In the absence of responses I have done a little digging myself. I am new to Old English, so any correction or confirmation would be welcome.

I have not come across any documented inflection for a third-person imperative in O.E., but conceivably the second-person imperative might be used with a third-person subject.  However, the following passage seems to discredit that notion.  It is the O.E. translation of Matthew 6:9-13 (the _Lord's Prayer_) in the West Sussex dialect. It is a good example because the original Greek is rich in imperatives.  In 11-13 we have four verbs which in the Greek are all *second-person *(aorist)* imperatives* (except for "lead", which is subjunctive due to "not").  The KJV translates them as:
_*give* us this day
*forgive* us our debts
*lead* us not into temptation
*deliver* us from evil_
The O.E. translation also appears to use second-person imperatives (at least for the last three):
syle (give) - not sure about the root of this one - is it a form of sellan?
    forgyf (forgive) - presumably a variant of forgiefan
    gelæd (lead) - from gelædan
    alys (release) - from alysan

Now, in Mt 6:9-10 there are three verbs which in Greek are *third-person *(aorist)* imperatives* (in varying voices).  The KJV translates them as plain-form verbs:
_Hallowed *be* thy name
Thy kingdom *come*
Thy will *be done*_
However, in the O.E. translation these all appear to be singular present subjunctives (with a nominative subject):
_*Si *þin nama gehalgod_                    = be thy name hallowed: si = subjunctive of "be" (why not "sie"?)
_to *becume* þin rice_                      = to come-to-be thy kingdom: becume = subjunctive of becuman
_*gewurþe* ðin willa_                       = be-done thy will    (a passive of weorthan? but at any rate with a subjunctive _-e_)

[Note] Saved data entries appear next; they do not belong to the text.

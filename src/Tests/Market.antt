-- ===== src/Tests/Market.antt =====
-- Ticks, sessions and simulated outcomes.
use tera_trade.Prelude.Int.{◌-ℤ◌}
use tera_trade.Prelude.{
  ℕ, ◌*◌, ◌+◌, inr, ◌≡◌, ◌≤◌, ◌<◌, ◌↔◌, refl, some, none, List, [], ◌∷◌, All, arith,
}
use tera_trade.Number.Fixed.{Fixed, fixed_number, Fixed-IsOrdered}
use tera_trade.Market.{long, OhlcBar}
use tera_trade.Tests.Data.{whole_points, flat_bar}
use tera_trade.MarketData.MinuteBars.{Tick, Aggregator, add_tick}
use tera_trade.MarketData.MinuteBars.Bounds.{
  run_ticks, run_ticks-IsBar, IsBar, IsBarOrNone, add_tick_rejects,
}
use tera_trade.Analytics.Session.{get_session_start, get_session_end}
use tera_trade.Analytics.Outcome.{evaluate_hypothetical_outcome, win, loss}
use tera_trade.Analytics.Outcome.First.{evaluate_hypothetical_outcome_iff, IsWon, IsLost}

abbrev tick_at : ℕ → ℕ → Tick Fixed
tick_at seconds price = record {
  price = whole_points price;
  volume = whole_points 1;
  time = seconds * 1000;
}

abbrev ticks : List (Tick Fixed)
ticks = tick_at 600 5000 ∷ tick_at 610 5003 ∷ tick_at 620 960 ∷ tick_at 665 5001 ∷ []

abbrev idle : Aggregator Fixed
idle = record { current = none; last_accepted = none; pending_outlier = none }

run_ticks-IsBar_example :
    let (next, completed) = run_ticks ticks idle in IsBarOrNone next.current × All IsBar completed
run_ticks-IsBar_example = run_ticks-IsBar Fixed-IsOrdered ticks idle tt

abbrev running : Aggregator Fixed
running = record {
  current = none;
  last_accepted = some record { price = whole_points 7500; accepted_at = 600_000 };
  pending_outlier = none;
}

add_tick_rejects_example :
    let (next, completed) = add_tick (tick_at 610 960) running in
    (next.current ≡ none) × (next.last_accepted ≡ running.last_accepted) × (completed ≡ none)
unfolding ◌-ℤ◌
add_tick_rejects_example = add_tick_rejects (tick_at 610 960) running refl (refl, refl) (inr refl)

-- Ten in the evening of a day, in the Asian session that ends on the next.
abbrev evening : ℕ
evening = 20_000 * 86_400_000 + 22 * 3_600_000

evening_start : get_session_start evening ≤ evening + 1000
unfolding get_session_start
evening_start = omega arith

evening_end : evening + 1000 < get_session_end evening
unfolding get_session_end
evening_end = omega arith

abbrev later_bars : List (OhlcBar Fixed)
later_bars = flat_bar 0 4998 5004 ∷ flat_bar 1 4997 5013 ∷ flat_bar 2 4990 5000 ∷ []

evaluate_hypothetical_outcome_iff_example :
    let label =
      (evaluate_hypothetical_outcome long
        (whole_points 5000)
        (whole_points 4996)
        (whole_points 5012)
        later_bars).label in
    ((label ≡ win) ↔ IsWon long (whole_points 4996) (whole_points 5012) later_bars)
    × ((label ≡ loss) ↔ IsLost long (whole_points 4996) (whole_points 5012) later_bars)
evaluate_hypothetical_outcome_iff_example =
    evaluate_hypothetical_outcome_iff long (whole_points 5000) (whole_points 4996)
      (whole_points 5012) later_bars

Since the OE translation of 11-13 copied the Greek second-person imperative, it would be natural for the OE translation of 9-10 to copy the third-person imperative, if one was available in OE.  The fact that the OE subjunctive was used instead suggests that no such verb-form was available, i.e. that OE had no third-person imperative or at least none suitable for this context.  _Edit: It has just struck me that the OE might have been a translation of the Latin Vulgate - which blows a bit a of a hole in my argument, since Latin used the subjunctive for third-person imperatives.  Or were the early translators also Greek scholars?_

Given that phrases like "_Thy kingdom come_" were subjunctive, I assume that similar phrases (e.g. _God be with you_, _God bless you_) were originally OE subjunctives, and I see no reason to reclassify them when the decay of inflectional endings led to the present subjunctive having the same form as the imperative.  In other words, I see no reason to reject their traditional classification as subjunctives.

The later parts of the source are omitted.